Philadelphia toddler with rare genetic disease, spinal muscular atrophy, proves to be walking miracle

PHILADELPHIA (WPVI) — Amber-Joi Watkins is raising awareness about spinal muscular atrophy, a genetic disease that causes muscle weakness and respiratory failure. It’s the leading genetic cause of death in infants, and doctors said it affects every one out of 10,000 babies.

Watkins’ daughter, Céline Domalsk, continues to defy the odds and is literally a walking miracle. Her mother said that at four months old, Celine wasn’t progressing as fast as other babies. But she said she was reassured everything was OK.

“I was told babies develop differently, and that she’s perfect,” Watkins said, “So, I held on to that instead of trusting my gut.”

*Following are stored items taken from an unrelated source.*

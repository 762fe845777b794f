-- ===== src/Server/Ring.antt =====
-- server/server.c: reading the used part of a client's ring buffer into its region.
pub mod Progress
use cfio.Buffer.{size_t_mod}
use cfio.Buffer.Pack.{int_to_size_t}
use cfio.Prelude.{
  ℕ, zero, suc, ◌+◌, ◌-◌, ◌*◌, ◌%◌, ◌^◌, Bool, true, false, ◌||◌, Option, none, some, ◌==◌,
  if◌then◌else◌, ltb, leb, ◌>>=◌,
}

-- `cfio_buf_addr_t`, without the signal.
pub record BufAddr : Type 0 where
  pub start_addr : ℕ
  pub end_addr : ℕ
  pub free_addr : ℕ
  pub used_addr : ℕ

-- What the file keeps for one client; `region` is what `cfio_rdma_server_read_data` writes to.
pub record Reader (R : Type 0) : Type 0 where
  pub read_addr : ℕ
  pub read_done : Bool
  pub local_len : ℕ
  pub region : R

abbrev pub transfer_msg_size_max : ℕ
transfer_msg_size_max = 4096 * 1024

-- `<` of two `int`s, given by their bit patterns.
abbrev pub int_lt : ℕ → ℕ → Bool
int_lt a b = ltb ((a + 2 ^ 31) % 2 ^ 32) ((b + 2 ^ 31) % 2 ^ 32)

-- The difference of two addresses, as an `int`.
abbrev pub difference : ℕ → ℕ → ℕ
difference a b = (size_t_mod + a - b) % size_t_mod % 2 ^ 32

abbrev pub smaller : ℕ → ℕ → ℕ
smaller a b = if int_lt a b then a else b

abbrev pub advance : ℕ → ℕ → ℕ
advance addr length = (addr + int_to_size_t length) % size_t_mod

-- `read r offset length at` is the region `r` when `length` bytes from this offset of the client's buffer
-- have been read to `at`. `size` is SERVER_REGION_SIZE.
module _ {R : Type 0} (read : R → ℕ → ℕ → ℕ → R) (size : ℕ) where
  unfoldable pub transfer : ℕ → ℕ → ℕ → ℕ → R → Option (ℕ × R)
  transfer zero left_length remote_offset local_len r =
      if int_lt 0 left_length then none else some (local_len, r)
  transfer (suc n) left_length remote_offset local_len r =
      let now =
        if int_lt transfer_msg_size_max left_length then transfer_msg_size_max else left_length in
      let rest =
        transfer n (left_length - now) ((remote_offset + now) % 2 ^ 32) ((local_len + now) % 2 ^ 32)
          (read r remote_offset now local_len) in
      if int_lt 0 left_length then rest else some (local_len, r)

  -- The length that is read, with the address and the flag then.
  abbrev pub next_read : BufAddr → Reader R → ℕ × ℕ × Bool
  next_read addr s =
      let space = (2 ^ 32 + size - s.local_len) % 2 ^ 32 in
      if leb addr.used_addr addr.free_addr || leb s.read_addr addr.free_addr
      then (let length = smaller (difference addr.free_addr s.read_addr) space in
          let next_addr = advance s.read_addr length in
          (length, next_addr, leb addr.free_addr next_addr || s.read_done))
      else (let length = smaller (difference addr.end_addr s.read_addr) space in
          let next_addr = advance s.read_addr length in
          (
            length,
            (if leb addr.end_addr next_addr then addr.start_addr else next_addr),
            s.read_done,
          ))

  -- Every round transfers a byte.
  unfoldable pub read_data : BufAddr → Reader R → Option (Reader R)
  unfolding transfer
  read_data addr s =
      let (length, next_addr, done) = next_read addr s in
      transfer length length (difference s.read_addr addr.start_addr) s.local_len s.region >>= (λ r.
        some (record { read_addr = next_addr; read_done = done; local_len = r.0; region = r.1 }))
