-- ===== src/Controller/Requests/Enqueued.antt =====
-- The requests that the work queue gets.
use praetor.Base.{◌≡◌, refl, true, false, ◌||◌, List, [], ◌∷◌, ◌++◌, eq_iff, eq_refl, arith}
use praetor.Controller.Requests.{
  Request, same, has_request, add_request, enqueue_from, enqueue_requests,
}

pub same_refl : (r : Request) → same r r ≡ true
unfolding same
same_refl r = ground (arith, eq_refl r.namespace, eq_refl r.name)

same_sym : (a b : Request) → same a b ≡ same b a
unfolding same
same_sym a b = ground (
  arith,
  eq_iff a.namespace b.namespace,
  eq_iff b.namespace a.namespace,
  eq_iff a.name b.name,
  eq_iff b.name a.name,
)

same_trans : (a b c : Request) → same a b ≡ true → same a c ≡ same b c
unfolding same
same_trans a b c h =
    let n : a.name ≡ b.name = (eq_iff a.name b.name).0 (ground arith) in
    let m : a.namespace ≡ b.namespace = (eq_iff a.namespace b.namespace).0 (ground arith) in
    rw n (rw m refl)

pub has_request-append :
    (r : Request) (ps qs : List Request)
    → has_request r (ps ++ qs) ≡ has_request r ps || has_request r qs
unfolding has_request
has_request-append r [] qs = refl
has_request-append r (p ∷ ps) qs = ground (arith, has_request-append r ps qs)

has_request-same :
    (a b : Request) (ps : List Request) → same a b ≡ true → has_request a ps ≡ has_request b ps
unfolding has_request
has_request-same a b [] h = refl
has_request-same a b (p ∷ ps) h =
    ground (arith, has_request-same a b ps h, same_trans a b p h, same_sym a p, same_sym b p)

pub has_request-add_request :
    (r q : Request) (ps : List Request)
    → has_request r (add_request q ps) ≡ same q r || has_request r ps
unfolding add_request has_request
has_request-add_request r q ps =
    ground (arith, has_request-append r ps (q ∷ []), has_request-same q r ps)

has_request-enqueue_from :
    (r : Request) (reqs queued : List Request)
    → has_request r (enqueue_from reqs queued) ≡ has_request r reqs || has_request r queued
unfolding enqueue_from has_request
has_request-enqueue_from r [] queued = refl
has_request-enqueue_from r (q ∷ reqs) queued = ground (
  arith,
  has_request-enqueue_from r reqs (add_request q queued),
  has_request-add_request r q queued,
)

-- No two requests of the list name one object.
abbrev pub IsDistinct : List Request → Type 0
IsDistinct [] = Unit
IsDistinct (r ∷ reqs) = (has_request r reqs ≡ false) × IsDistinct reqs

append-IsDistinct :
    (reqs : List Request) (r : Request)
    → IsDistinct reqs
    → has_request r reqs ≡ false
    → IsDistinct (reqs ++ r ∷ [])
unfolding has_request
append-IsDistinct [] r d h = (refl, tt)
append-IsDistinct (q ∷ reqs) r d h = (
  ground (arith, has_request-append q reqs (r ∷ []), same_sym q r, d.0),
  append-IsDistinct reqs r d.1 (ground arith),
)

add_request-IsDistinct :
    (r : Request) (reqs : List Request) → IsDistinct reqs → IsDistinct (add_request r reqs)
unfolding add_request
add_request-IsDistinct r reqs d = ground (arith, append-IsDistinct reqs r d)

enqueue_from-IsDistinct :
    (reqs queued : List Request) → IsDistinct queued → IsDistinct (enqueue_from reqs queued)
unfolding enqueue_from
enqueue_from-IsDistinct [] queued d = d
enqueue_from-IsDistinct (r ∷ reqs) queued d =
    enqueue_from-IsDistinct reqs (add_request r queued) (add_request-IsDistinct r queued d)

-- The queue gets the requests that it is handed, and none of them twice.
pub enqueue_requests_lem :
    (reqs : List Request)
    → IsDistinct (enqueue_requests reqs)
      × ((r : Request) → has_request r (enqueue_requests reqs) ≡ has_request r reqs)
unfolding enqueue_requests has_request
enqueue_requests_lem reqs =
    (enqueue_from-IsDistinct reqs [] tt, λ r. ground (arith, has_request-enqueue_from r reqs []))
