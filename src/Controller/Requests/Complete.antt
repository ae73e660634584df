-- ===== src/Controller/Requests/Complete.antt =====
-- The deployments that are requested for a device.
use praetor.Base.{
  ◌≡◌, ◌∙◌, refl, true, not, ◌||◌, some, List, [], ◌∷◌, ◌++◌, String, ◌==◌, eq_iff, arith, Map,
  Bool-cases, inl, inr, ◌⊎◌,
}
use praetor.Base.Result.{Result, ok, err}
use praetor.Api.{DeviceProcessDeployment}
use praetor.Controller.Env.{Env, Device}
use praetor.Controller.Labels.{has, all_selector_index_key}
use praetor.Controller.Labels.Keys.{has-insert_keys}
use praetor.Controller.Requests.{
  Request, label, has_request, is_selected, request_of, request_deployments, request_listed,
  request_keys, keys_to_check, requests_for_network_switch, changed_label_keys, on_update,
}
use praetor.Controller.Requests.Enqueued.{
  same_refl, has_request-append, has_request-add_request, enqueue_requests_lem,
}
use praetor.Controller.Requests.Changed.{has-changed_label_keys}

-- The deployment is an entry of the list.
abbrev pub IsIn : DeviceProcessDeployment → List DeviceProcessDeployment → Type 0
IsIn dep [] = ⊥
IsIn dep (d ∷ deps) = (d ≡ dep) ⊎ IsIn dep deps

module _ {W : Type 0} (env : Env W) where
  request_deployments_keeps :
      (labels : Map String) (r : Request) (deps : List DeviceProcessDeployment)
      (reqs : List Request)
      → has_request r reqs ≡ true
      → has_request r (request_deployments env labels deps reqs) ≡ true
  unfolding request_deployments
  request_deployments_keeps labels r [] reqs h = h
  request_deployments_keeps labels r (d ∷ deps) reqs h =
      request_deployments_keeps labels r deps _
        (ground (arith, has_request-add_request r (request_of env d) reqs))

  request_deployments_complete :
      (labels : Map String) (dep : DeviceProcessDeployment) (deps : List DeviceProcessDeployment)
      (reqs : List Request)
      → IsIn dep deps
      → is_selected env dep labels ≡ true
      → has_request (request_of env dep) (request_deployments env labels deps reqs) ≡ true
  unfolding request_deployments
  request_deployments_complete labels dep [] reqs m sel = elim m [ ]
  request_deployments_complete labels dep (d ∷ deps) reqs (inl e) sel =
      request_deployments_keeps labels (request_of env dep) deps _ (
        rw e (
          rw sel (
            ground (
              arith,
              has_request-add_request (request_of env dep) (request_of env dep) reqs,
              same_refl (request_of env dep),
            ))))
  request_deployments_complete labels dep (d ∷ deps) reqs (inr m) sel =
      request_deployments_complete labels dep deps _ m sel

  request_listed_keeps :
      (labels : Map String) (r : Request) (listed : Result (List DeviceProcessDeployment))
      (reqs : List Request)
      → has_request r reqs ≡ true
      → has_request r (request_listed env labels listed reqs) ≡ true
  unfolding request_listed
  request_listed_keeps labels r (ok deps) reqs h = request_deployments_keeps labels r deps reqs h
  request_listed_keeps labels r (err e) reqs h = h

  request_keys_keeps :
      (device : Device) (r : Request) (ks : List String) (reqs : List Request) (w : W)
      → has_request r reqs ≡ true
      → has_request r (request_keys env device ks reqs w).0 ≡ true
  unfolding request_keys
  request_keys_keeps device r [] reqs w h = h
  request_keys_keeps device r (k ∷ ks) reqs w h =
      let listed = env.list_deployments device.namespace k w in
      request_keys_keeps device r ks _ listed.1
        (request_listed_keeps device.labels r listed.0 reqs h)

  module _ (device : Device) (k : String) (deps : List DeviceProcessDeployment)
      (dep : DeviceProcessDeployment)
      (indexed : (w : W) → (env.list_deployments device.namespace k w).0 ≡ ok deps)
      (member : IsIn dep deps) (sel : is_selected env dep device.labels ≡ true) where
    request_keys_complete :
        (ks : List String) (reqs : List Request) (w : W)
        → has k ks ≡ true
        → has_request (request_of env dep) (request_keys env device ks reqs w).0 ≡ true
    unfolding request_keys has
    request_keys_complete [] reqs w h = cc
    request_keys_complete (j ∷ ks) reqs w h = elim (Bool-cases (j == k)) [
      | inl e ↦
          let jk : j ≡ k = (eq_iff j k).0 e in
          request_keys_keeps device (request_of env dep) ks _ _ (
            rw jk (
              rw (indexed w) (request_deployments_complete device.labels dep deps reqs member sel)))
      | inr e ↦ request_keys_complete ks _ _ (ground arith)
    ]

    -- A deployment that selects the device and that the index holds under one of the keys is among the
    -- requests.
    pub requests_complete :
        (keys : List String) (w : W)
        → has k keys ≡ true
        → has_request (request_of env dep) (requests_for_network_switch env device keys w).0 ≡ true
    unfolding requests_for_network_switch keys_to_check has
    requests_complete [] w h = cc
    requests_complete (j ∷ keys) w h =
        request_keys_complete (keys_to_check env device.labels (j ∷ keys)) [] w
          (ground (arith, has-insert_keys (j ∷ keys) (all_selector_index_key ∷ []) k))

  module _ (old new : Device) (k : String) (deps : List DeviceProcessDeployment)
      (dep : DeviceProcessDeployment) (same_namespace : new.namespace ≡ old.namespace)
      (indexed : (w : W) → (env.list_deployments old.namespace k w).0 ≡ ok deps)
      (member : IsIn dep deps)
      (sel : is_selected env dep old.labels || is_selected env dep new.labels ≡ true) where
    handled :
        (keys : List String) (w : W)
        → has k keys ≡ true
        → has_request (request_of env dep) (
            (requests_for_network_switch env old keys w).0
            ++ (requests_for_network_switch env new keys
                (requests_for_network_switch env old keys w).1).0)
          ≡ true
    handled keys w h =
        let first = requests_for_network_switch env old keys w in
        let second = requests_for_network_switch env new keys first.1 in
        let split = has_request-append (request_of env dep) first.0 second.0 in
        elim (Bool-cases (is_selected env dep old.labels)) [
          | inl e ↦
              let found = requests_complete old k deps dep indexed member e keys w h in
              ground (arith, split, found)
          | inr e ↦
              let found =
                requests_complete new k deps dep (λ v. rw same_namespace (indexed v)) member
                  (ground (arith, sel, e)) keys first.1 h in
              ground (arith, split, found)
        ]

    update_of_keys :
        (keys : List String) (w : W)
        → changed_label_keys (some old) (some new) ≡ keys
        → has k keys ≡ true
        → has_request (request_of env dep) (on_update env old new w).0 ≡ true
    unfolding on_update has
    update_of_keys [] w e h = cc
    update_of_keys (j ∷ keys) w e h =
        rw (e, on_update) ((enqueue_requests_lem _).1 (request_of env dep) ∙ handled (j ∷ keys) w h)

    -- When the value of a device's label under a key changes, where a missing label counts as an empty
    -- one, every deployment that the index holds under the key, whenever it is asked, and that selected
    -- the device before, or selects it now, is handed to the work queue. A label with an empty value that
    -- is added or removed is no such change. The device stays in its namespace.
    pub on_update_complete :
        (w : W)
        → not (label k new.labels == label k old.labels) ≡ true
        → has_request (request_of env dep) (on_update env old new w).0 ≡ true
    on_update_complete w h =
        update_of_keys (changed_label_keys (some old) (some new)) w refl
          (has-changed_label_keys old new k ∙ h)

Her gut instinct was right. Doctors at Children’s Hospital of Philadelphia diagnosed Céline with spinal muscular atrophy, SMA type 1. It’s the most severe, in which children often can’t ever crawl, sit on their own or feed themselves.

“One of the initial things they said was she’s probably never going to be an athlete. She might not ever walk,” Watkins said.

Céline’s family credits her neurologist Dr. Elizabeth Kichula from CHOP for saving their daughter’s life.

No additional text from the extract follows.